If you tell the story right, she always does.

12 comments

  1. Jennifer, I love the new look of the blog! And your message as well. It reminded me of the story I told myself as a bullied sixth-grader: "You will end up better than all of these people." It helped me get through many rough days, and I told it to myself until it indeed came true. Thanks for a pick-me-up.

  2. Oh yea. Well said! Here's my story (with a bit of borrowing from you): Gleefully stubborn woman enters a highly implausible career 10 seconds before the economy tanks, but succeeds through talent, grit, gumption, faith, friendship and unrelenting persistence. Grrrrrrrr. I feel my power growing already!

  3. This is a potent piece, Jennifer.
    'I did not argue his virtues or name my contributions to our failures.' You nailed something else on the head with that phrase.
    Enjoyed this? Not really the right expression. But it made me think. Thank you.

  4. "Being a freelancer is hard, but the battles should be about finding new clients, finding your voice, finding your way, not trying to convince your family that you’re not nuts."

    I'm going to tape this to the bulletin board above my computer. I never gave much thought to the story I was telling myself until I read "The Power of Story" by Jim Loehr. Suddenly, everything came into focus.

    We tell ourselves a myriad of stories every day, and I think for writers, the yarns we spin are even more powerful. For me, it took comparing the story I WANT to tell to the elements in my current plot in order to see why there were so many holes and I wasn't getting my happy ending. Of course I wasn't! I had allowed minor characters to become major villains and muffled the authentic voice of my main character. Every novelist knows that if you need your heroine to start out in Alabama and end up in Nashville, you shouldn't send her on a pointless sightseeing trip through Mississippi. And yet, time and time again, that's what I did.

    Now, when life is taking a haywire direction, I write a quick plot treatment. I strip the situation of its emotion and coldly assess where I am and where I should be, eliminating the detours. As for those minor characters, I shove them back where they belong – into the shadows. Maybe they'll rise up and try to derail my heroine, maybe they'll grumble and spawn a few demons to toss in her path, but it's ok now. I'm in control of this story, and I get to choose how it ends.

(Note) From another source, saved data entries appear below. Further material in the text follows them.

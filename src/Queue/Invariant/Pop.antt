-- ===== src/Queue/Invariant/Pop.antt =====
-- qmanager/policies/base/queue_policy_base.hpp: the pops and `reconstruct_queue` keep the
-- invariants.
use flux_sched.Common.{
  ℕ, ◌+◌, ◌≡◌, refl, ◌<◌, true, false, none, some, arith, subst, Option-cases, inl, inr, [], ◌∷◌,
}
use flux_sched.OrdMap.{OrdMap, same_refl, nat_key, find, erase, Key}
use flux_sched.OrdMap.Find.{find-add, insert_fresh, find-erase}
use flux_sched.Queue.Job.{Job, get_key, is_pending, pending_key, u64_mod}
use flux_sched.Queue.State.{Queue}
use flux_sched.Queue.Pop.{first_id, first_job, pending_pop, alloced_pop, rejected_pop}
use flux_sched.Queue.Running.{resumed, reconstruct_queue}
use flux_sched.Queue.Invariant.{erase_p}
use flux_sched.Queue.Invariant.Steps.{quiet-IsValid, drop-IsValid, same-IsValid}
use flux_sched.Queue.Invariant.Running.{fresh_of_Below, add-Below, erase-Below}
use flux_sched.Queue.Invariant.Remove.{IsSound}

find_first {ℓ} :
    {K : Type ℓ} ⦃o : Key K⦄ (m : OrdMap K ℕ) (id : ℕ)
    → first_id m ≡ some id
    → (k : K) × (find k m ≡ some id)
unfolding find
find_first [] id e = absurd (cc)
find_first ((k, i) ∷ m) id e = (k, ground (arith, same_refl k, e))

first_job_lem {ℓ} :
    {K : Type ℓ} (m : OrdMap K ℕ) (q : Queue) (id : ℕ) (j : Job)
    → first_job m q ≡ some (id, j)
    → (first_id m ≡ some id) × (find id q.jobs ≡ some j)
first_job_lem m q id j e = ground arith

pub pending_pop-IsSound : {q : Queue} → IsSound q → IsSound (pending_pop q).0
unfolding pending_pop
pending_pop-IsSound {q} s = elim (Option-cases (first_job q.pending q)) [
  | inl empty ↦ rw (empty, pending_pop) s
  | inr ((id, j), e) ↦
      let (first, found) = first_job_lem q.pending q id j e in
      let (k, listed) = find_first q.pending id first in
      let (j', e', pend, g) = s.valid.ledger.listed_p k id listed in
      let same_job : j' ≡ j = ground (arith, e', found) in
      let key : get_key j ≡ k = subst (λ x. get_key x ≡ k) same_job g in
      rw (e, pending_pop)
        (record {
          valid =
              drop-IsValid (record q { pending = erase (get_key j) q.pending }) _ s.valid id j none
                found (subst (λ x. is_pending x.state ≡ true) same_job pend) (λ j1 e1. absurd (cc))
                (erase_p s.valid (get_key j) id (rw key listed)) (λ i. find-erase id i q.jobs) refl
                refl refl refl;
          counted = record {
            running_lt = s.counted.running_lt;
            alloced_lt = s.counted.alloced_lt;
            rejected_lt = s.counted.rejected_lt;
          };
        })
]

pub alloced_pop-IsSound : {q : Queue} → IsSound q → IsSound (alloced_pop q).0
unfolding alloced_pop
alloced_pop-IsSound {q} s = elim (Option-cases (first_job q.alloced q)) [
  | inl empty ↦ rw (empty, alloced_pop) s
  | inr ((id, j), e) ↦
      rw (e, alloced_pop)
        (record {
          valid =
              same-IsValid _ (record { p = refl; b = refl; v = refl; jobs = refl; n = refl })
                s.valid;
          counted = record {
            running_lt = s.counted.running_lt;
            alloced_lt = erase-Below q.rq_cnt j.t_stamps.running_ts q.alloced s.counted.alloced_lt;
            rejected_lt = s.counted.rejected_lt;
          };
        })
]

pub rejected_pop-IsSound : {q : Queue} → IsSound q → IsSound (rejected_pop q).0
unfolding rejected_pop
rejected_pop-IsSound {q} s = elim (Option-cases (first_job q.rejected q)) [
  | inl empty ↦ rw (empty, rejected_pop) s
  | inr ((id, j), e) ↦
      rw (e, rejected_pop)
        (record {
          valid =
              same-IsValid _ (record { p = refl; b = refl; v = refl; jobs = refl; n = refl })
                s.valid;
          counted = record {
            running_lt = s.counted.running_lt;
            alloced_lt = s.counted.alloced_lt;
            rejected_lt =
                erase-Below q.dq_cnt j.t_stamps.rejected_ts q.rejected s.counted.rejected_lt;
          };
        })
]

pub reconstruct_queue-IsSound :
    {q : Queue} (j : Job)
    → is_pending j.state ≡ false
    → q.rq_cnt + 1 < u64_mod
    → IsSound q
    → IsSound (reconstruct_queue (some j) q).0
unfolding reconstruct_queue
reconstruct_queue-IsSound {q} j active small s = elim (Option-cases (find j.id q.jobs)) [
  | inr (i, known) ↦ rw (known, reconstruct_queue) s
  | inl absent ↦
      rw
        (
          absent,
          reconstruct_queue,
          insert_fresh q.rq_cnt j.id q.running
              (fresh_of_Below q.rq_cnt q.running s.counted.running_lt),
          insert_fresh j.id (resumed q j) q.jobs absent,
        )
        (record {
          valid =
              quiet-IsValid _ s.valid j.id (some (resumed q j)) (λ j' e. ground (arith, absent, e))
                (λ j' e. ground (arith, active, e))
                (λ i. find-add j.id i (resumed q j) q.jobs absent) refl refl refl refl;
          counted = record {
            running_lt = add-Below q.rq_cnt j.id q.running s.counted.running_lt small;
            alloced_lt = λ ts i e. omega (arith, s.counted.alloced_lt ts i e);
            rejected_lt = s.counted.rejected_lt;
          };
        })
]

    Realizing that has made all the difference in the world.

    Thanks for this post. The thought process behind it is slowly changing my life, and I think if people really "got" it, we'd see more people living their dreams instead of sleepwalking through disasters.

  5. Loved this post. Have been telling my own story in my head for a while now and am now telling a fictional version of it on paper. It definitelty helps to keep the spirits up!